Saved data entries:
━━━━━━━━━━━━━━━━━━━━━━━━━━━━━━

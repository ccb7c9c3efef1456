-- ===== src/Limiter.antt =====
-- src/control-plane-ui-abuse.ts: the limit on failed logins. A time is in milliseconds.
pub mod Limit
use z_s_app.Prelude.{
  ℕ, ◌+◌, ◌-◌, String, Bool, true, false, Option, none, some, List, leb, ltb, if◌then◌else◌,
}
use z_s_app.Prelude.Map
use z_s_app.Prelude.Map.{Map}

pub record AttemptWindow : Type 0 where
  pub count : ℕ
  pub started_at_milliseconds : ℕ

abbrev pub max_failures : ℕ
max_failures = 5

abbrev pub window_milliseconds : ℕ
window_milliseconds = 60000

abbrev pub Windows : Type 0
Windows = Map AttemptWindow

-- `now - started >= WINDOW`. Where the clock went back, the difference of the source is negative
-- and that of ℕ is 0; both are less than the window.
abbrev pub is_past : ℕ → AttemptWindow → Bool
is_past now w = leb window_milliseconds (now - w.started_at_milliseconds)

abbrev window_left : String → ℕ → Windows → Option AttemptWindow → Option AttemptWindow × Windows
window_left key now windows none = (none, windows)
window_left key now windows (some w) =
    if is_past now w then (none, Map.remove key windows) else (some w, windows)

unfoldable pub active_window : String → ℕ → Windows → Option AttemptWindow × Windows
active_window key now windows = window_left key now windows (Map.get key windows)

abbrev is_full : Option AttemptWindow → Bool
is_full none = false
is_full (some w) = leb max_failures w.count

-- `true` if the attempt is allowed; else the source throws its error 429.
unfoldable pub assert_allowed : String → ℕ → Windows → Bool × Windows
unfolding active_window
assert_allowed key now windows =
    let (current, left) = active_window key now windows in
    (if is_full current then false else true, left)

abbrev counted : ℕ → Option AttemptWindow → AttemptWindow
counted now none = record { count = 1; started_at_milliseconds = now }
counted now (some w) = record w { count = w.count + 1 }

unfoldable pub record_failure : String → ℕ → Windows → Windows
unfolding active_window
record_failure key now windows =
    let (current, left) = active_window key now windows in Map.put key (counted now current) left

unfoldable pub record_success : String → Windows → Windows
record_success key windows = Map.remove key windows
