-- ===== src/Limiter/Limit.antt =====
-- src/control-plane-ui-abuse.ts: when a login is refused.
use z_s_app.Prelude.{
  ℕ, suc, ◌+◌, ◌-◌, ◌≤◌, ◌<◌, String, ◌≡◌, refl, ap, ◌∙◌, true, false, none, some, List, [], ◌∷◌,
  ltb, length, arith, ◌==◌, eq_iff, string_eq,
}
use z_s_app.Prelude.Map
use z_s_app.Prelude.Map.{Map, get-put, get-remove}
use z_s_app.Limiter.{
  AttemptWindow, max_failures, window_milliseconds, Windows, is_past, active_window, assert_allowed,
  record_failure,
}

same_key : (k : String) → (k == k) ≡ true
same_key k = (eq_iff k k).1 refl

-- `n` failures of one key, at the given times
pub failures : String → List ℕ → Windows → Windows
failures key [] w = w
failures key (t ∷ l) w = failures key l (record_failure key t w)

-- all the times lie in the window that began at `start`
abbrev pub AllWithin : ℕ → List ℕ → Type 0
AllWithin start [] = Unit
AllWithin start (t ∷ l) = (t - start < window_milliseconds) × AllWithin start l

get-put_same :
    (key : String) (v : AttemptWindow) (w : Windows) → Map.get key (Map.put key v w) ≡ some v
get-put_same key v w = ground (arith, get-put key key v w, same_key key)

-- A failure in an open window counts one more, and the window's start stays.
counts_on :
    (key : String) (now : ℕ) (w : Windows) (a : AttemptWindow)
    → Map.get key w ≡ some a
    → is_past now a ≡ false
    → Map.get key (record_failure key now w) ≡ some (record a { count = a.count + 1 })
unfolding record_failure active_window
counts_on key now w a held still = rw (held, still) (get-put_same key _ _)

-- The first failure, or one after the window is past, opens a window.
opens :
    (key : String) (now : ℕ) (w : Windows)
    → (active_window key now w).0 ≡ none
    → Map.get key (record_failure key now w)
      ≡ some (record { count = 1; started_at_milliseconds = now })
unfolding record_failure active_window
opens key now w none_open = rw none_open (get-put_same key _ _)

still_open :
    (a : AttemptWindow) (now : ℕ)
    → now - a.started_at_milliseconds < window_milliseconds
    → is_past now a ≡ false
still_open a now h = ground (arith, h)

sum_step : (a : AttemptWindow) (n : ℕ) → a.count + 1 + n ≡ a.count + suc n
sum_step a n = omega arith

after_failures :
    (key : String) (l : List ℕ) (w : Windows) (a : AttemptWindow)
    → Map.get key w ≡ some a
    → AllWithin a.started_at_milliseconds l
    → Map.get key (failures key l w) ≡ some (record a { count = a.count + length l })
unfolding failures
after_failures key [] w a held h = held ∙ ap (λ n. some (record a { count = n })) (omega arith)
after_failures key (t ∷ l) w a held h =
    after_failures key l (record_failure key t w) (record a { count = a.count + 1 })
      (counts_on key t w a held (still_open a t h.0)) h.1
    ∙ ap (λ n. some (record a { count = n })) (sum_step a (length l))

-- After a failure that opens a window for a key, and any further failures of the key within a minute
-- of it, an attempt within that minute is allowed exactly if there were fewer than five failures.
pub assert_allowed-failures :
    (key : String) (start : ℕ) (l : List ℕ) (now : ℕ) (w : Windows)
    → (active_window key start w).0 ≡ none
    → AllWithin start l
    → now - start < window_milliseconds
    → (assert_allowed key now (failures key l (record_failure key start w))).0
      ≡ ltb (1 + length l) max_failures
unfolding assert_allowed active_window
assert_allowed-failures key start l now w none_open all_in in_time =
    let held = after_failures key l _ _ (opens key start w none_open) all_in in
    rw held (ground (arith, in_time))

-- A minute after the failure that opened the window an attempt is allowed, however many failures
-- were recorded in the window.
pub assert_allowed-later :
    (key : String) (start : ℕ) (l : List ℕ) (now : ℕ) (w : Windows)
    → (active_window key start w).0 ≡ none
    → AllWithin start l
    → window_milliseconds ≤ now - start
    → (assert_allowed key now (failures key l (record_failure key start w))).0 ≡ true
unfolding assert_allowed active_window
assert_allowed-later key start l now w none_open all_in late =
    let held = after_failures key l _ _ (opens key start w none_open) all_in in
    rw held (ground (arith, late))
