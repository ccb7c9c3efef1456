-- ===== src/Media.antt =====
-- src/runtime-media-verification.ts: `verifyPng`, over the list of the bytes. What is left of it stands
-- for the offset.
pub mod Chunks
pub mod Png
use z_s_app.Prelude.{
  ℕ, zero, suc, ◌+◌, ◌*◌, Bool, true, false, not, ◌&&◌, ◌||◌, Option, none, some, List, [], ◌∷◌,
  length, every, ltb, leb, nat_beq, if◌then◌else◌, codes, Result, ok, err, ◌>>=◌,
}
use z_s_app.Config.Text.{between}
use z_s_app.Prefix.{codes_beq}

pub data MediaVerificationErrorCode : Type 0 where
  media_source_invalid media_source_too_large media_type_unsupported : MediaVerificationErrorCode
  media_type_mismatch png_malformed png_dimensions_invalid : MediaVerificationErrorCode
  png_pixel_limit_exceeded mp4_malformed mp4_container_unsupported : MediaVerificationErrorCode
  mp4_timing_missing mp4_duration_invalid mp4_traversal_limit_exceeded : MediaVerificationErrorCode

abbrev pub png_signature : List ℕ
png_signature = 137 ∷ 80 ∷ 78 ∷ 71 ∷ 13 ∷ 10 ∷ 26 ∷ 10 ∷ []

-- what follows the expected bytes, if a text starts with them
abbrev pub after_bytes : List ℕ → List ℕ → Option (List ℕ)
after_bytes [] s = some s
after_bytes (p ∷ ps) [] = none
after_bytes (p ∷ ps) (b ∷ s) = if nat_beq p b then after_bytes ps s else none

abbrev pub u32 : ℕ → ℕ → ℕ → ℕ → ℕ
u32 a b c d = a * 0x1000000 + b * 0x10000 + c * 0x100 + d

pub record PngChunk : Type 0 where
  pub type_code : List ℕ
  pub data_bytes : List ℕ

abbrev pub before_split : ℕ → Option (List ℕ × List ℕ) → Option (List ℕ × List ℕ)
before_split b none = none
before_split b (some (first, rest)) = some (b ∷ first, rest)

-- the next `n` bytes, and what follows them
unfoldable pub split_bytes : ℕ → List ℕ → Option (List ℕ × List ℕ)
split_bytes zero s = some ([], s)
split_bytes (suc n) [] = none
split_bytes (suc n) (b ∷ s) = before_split b (split_bytes n s)

-- the four bytes of the checksum are passed over
abbrev pub chunk_of : List ℕ → Option (List ℕ × List ℕ) → Option (PngChunk × List ℕ)
chunk_of type_code (some (data_bytes, a ∷ b ∷ c ∷ d ∷ rest)) =
    some (record { type_code = type_code; data_bytes = data_bytes }, rest)
chunk_of type_code _ = none

-- a length, a type, as many bytes, and a checksum
unfoldable pub read_chunk : List ℕ → Option (PngChunk × List ℕ)
unfolding split_bytes
read_chunk (a ∷ b ∷ c ∷ d ∷ t ∷ u ∷ v ∷ w ∷ s) =
    chunk_of (t ∷ u ∷ v ∷ w ∷ []) (split_bytes (u32 a b c d) s)
read_chunk _ = none

abbrev pub is_letter : ℕ → Bool
is_letter c = between b'A' b'Z' c || between b'a' b'z' c

abbrev pub has_type : List ℕ → PngChunk → Bool
has_type type_code c = codes_beq type_code c.type_code

abbrev pub header_type : List ℕ
header_type = b'I' ∷ b'H' ∷ b'D' ∷ b'R' ∷ []

abbrev pub end_type : List ℕ
end_type = b'I' ∷ b'E' ∷ b'N' ∷ b'D' ∷ []

abbrev pub malformed : Result MediaVerificationErrorCode (ℕ × ℕ)
malformed = err png_malformed

abbrev pub is_nil : List ℕ → Bool
is_nil [] = true
is_nil (b ∷ s) = false

module _ (maximum_image_pixels : ℕ) where
  abbrev pub check_size : ℕ → ℕ → Result MediaVerificationErrorCode (ℕ × ℕ)
  check_size width height =
      if leb width 0 || leb height 0
      then err png_dimensions_invalid
      else if ltb maximum_image_pixels (width * height)
      then err png_pixel_limit_exceeded
      else ok (width, height)

  abbrev pub size_in : List ℕ → Result MediaVerificationErrorCode (ℕ × ℕ)
  size_in (a ∷ b ∷ c ∷ d ∷ e ∷ f ∷ g ∷ h ∷ s) = check_size (u32 a b c d) (u32 e f g h)
  size_in _ = malformed

  -- the first chunk gives the size; no later one may be a header
  abbrev pub size_after : Option (ℕ × ℕ) → PngChunk → Result MediaVerificationErrorCode (ℕ × ℕ)
  size_after none c =
      if not (has_type header_type c) || not (nat_beq (length c.data_bytes) 13)
      then malformed
      else size_in c.data_bytes
  size_after (some size) c = if has_type header_type c then malformed else ok size

  abbrev pub end_or_later :
      (Option (ℕ × ℕ) → List ℕ → Result MediaVerificationErrorCode (ℕ × ℕ))
      → PngChunk
      → List ℕ
      → ℕ × ℕ
      → Result MediaVerificationErrorCode (ℕ × ℕ)
  end_or_later later c rest size =
      if has_type end_type c
      then if not (is_nil c.data_bytes) || not (is_nil rest) then malformed else ok size
      else later (some size) rest

  abbrev pub after_chunk :
      (Option (ℕ × ℕ) → List ℕ → Result MediaVerificationErrorCode (ℕ × ℕ))
      → Option (ℕ × ℕ)
      → Option (PngChunk × List ℕ)
      → Result MediaVerificationErrorCode (ℕ × ℕ)
  after_chunk later size none = malformed
  after_chunk later size (some (c, rest)) =
      if not (every is_letter c.type_code)
      then malformed
      else size_after size c >>= end_or_later later c rest

  -- the loop; `left` more chunks may be read
  unfoldable pub png_chunks :
      ℕ → Option (ℕ × ℕ) → List ℕ → Result MediaVerificationErrorCode (ℕ × ℕ)
  unfolding read_chunk
  png_chunks left size [] = malformed
  png_chunks zero size (b ∷ s) = malformed
  png_chunks (suc left) size (b ∷ s) = after_chunk (png_chunks left) size (read_chunk (b ∷ s))

  abbrev pub png_after_signature : Option (List ℕ) → Result MediaVerificationErrorCode (ℕ × ℕ)
  png_after_signature none = malformed
  png_after_signature (some s) = png_chunks 4096 none s

  unfoldable pub verify_png : List ℕ → Result MediaVerificationErrorCode (ℕ × ℕ)
  unfolding png_chunks
  verify_png bytes = png_after_signature (after_bytes png_signature bytes)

━━━━━━━━━━━━━━━━━━━━━━━━━━━━━━

Given the records above, restate word for word only the lines starting at the one with "mp4_traversal_limit_exceeded : MediaVerificationErrorCode" and ending at the one with "end_type = b'I' ∷ b'E' ∷ b'N' ∷ b'D' ∷ []".

Exercise response
  mp4_timing_missing mp4_duration_invalid mp4_traversal_limit_exceeded : MediaVerificationErrorCode

abbrev pub png_signature : List ℕ
png_signature = 137 ∷ 80 ∷ 78 ∷ 71 ∷ 13 ∷ 10 ∷ 26 ∷ 10 ∷ []

-- what follows the expected bytes, if a text starts with them
abbrev pub after_bytes : List ℕ → List ℕ → Option (List ℕ)
after_bytes [] s = some s
after_bytes (p ∷ ps) [] = none
after_bytes (p ∷ ps) (b ∷ s) = if nat_beq p b then after_bytes ps s else none

abbrev pub u32 : ℕ → ℕ → ℕ → ℕ → ℕ
u32 a b c d = a * 0x1000000 + b * 0x10000 + c * 0x100 + d

pub record PngChunk : Type 0 where
  pub type_code : List ℕ
  pub data_bytes : List ℕ

abbrev pub before_split : ℕ → Option (List ℕ × List ℕ) → Option (List ℕ × List ℕ)
before_split b none = none
before_split b (some (first, rest)) = some (b ∷ first, rest)

-- the next `n` bytes, and what follows them
unfoldable pub split_bytes : ℕ → List ℕ → Option (List ℕ × List ℕ)
split_bytes zero s = some ([], s)
split_bytes (suc n) [] = none
split_bytes (suc n) (b ∷ s) = before_split b (split_bytes n s)

-- the four bytes of the checksum are passed over
abbrev pub chunk_of : List ℕ → Option (List ℕ × List ℕ) → Option (PngChunk × List ℕ)
chunk_of type_code (some (data_bytes, a ∷ b ∷ c ∷ d ∷ rest)) =
    some (record { type_code = type_code; data_bytes = data_bytes }, rest)
chunk_of type_code _ = none

-- a length, a type, as many bytes, and a checksum
unfoldable pub read_chunk : List ℕ → Option (PngChunk × List ℕ)
unfolding split_bytes
read_chunk (a ∷ b ∷ c ∷ d ∷ t ∷ u ∷ v ∷ w ∷ s) =
    chunk_of (t ∷ u ∷ v ∷ w ∷ []) (split_bytes (u32 a b c d) s)
read_chunk _ = none

abbrev pub is_letter : ℕ → Bool
is_letter c = between b'A' b'Z' c || between b'a' b'z' c

abbrev pub has_type : List ℕ → PngChunk → Bool
has_type type_code c = codes_beq type_code c.type_code

abbrev pub header_type : List ℕ
header_type = b'I' ∷ b'H' ∷ b'D' ∷ b'R' ∷ []

abbrev pub end_type : List ℕ
end_type = b'I' ∷ b'E' ∷ b'N' ∷ b'D' ∷ []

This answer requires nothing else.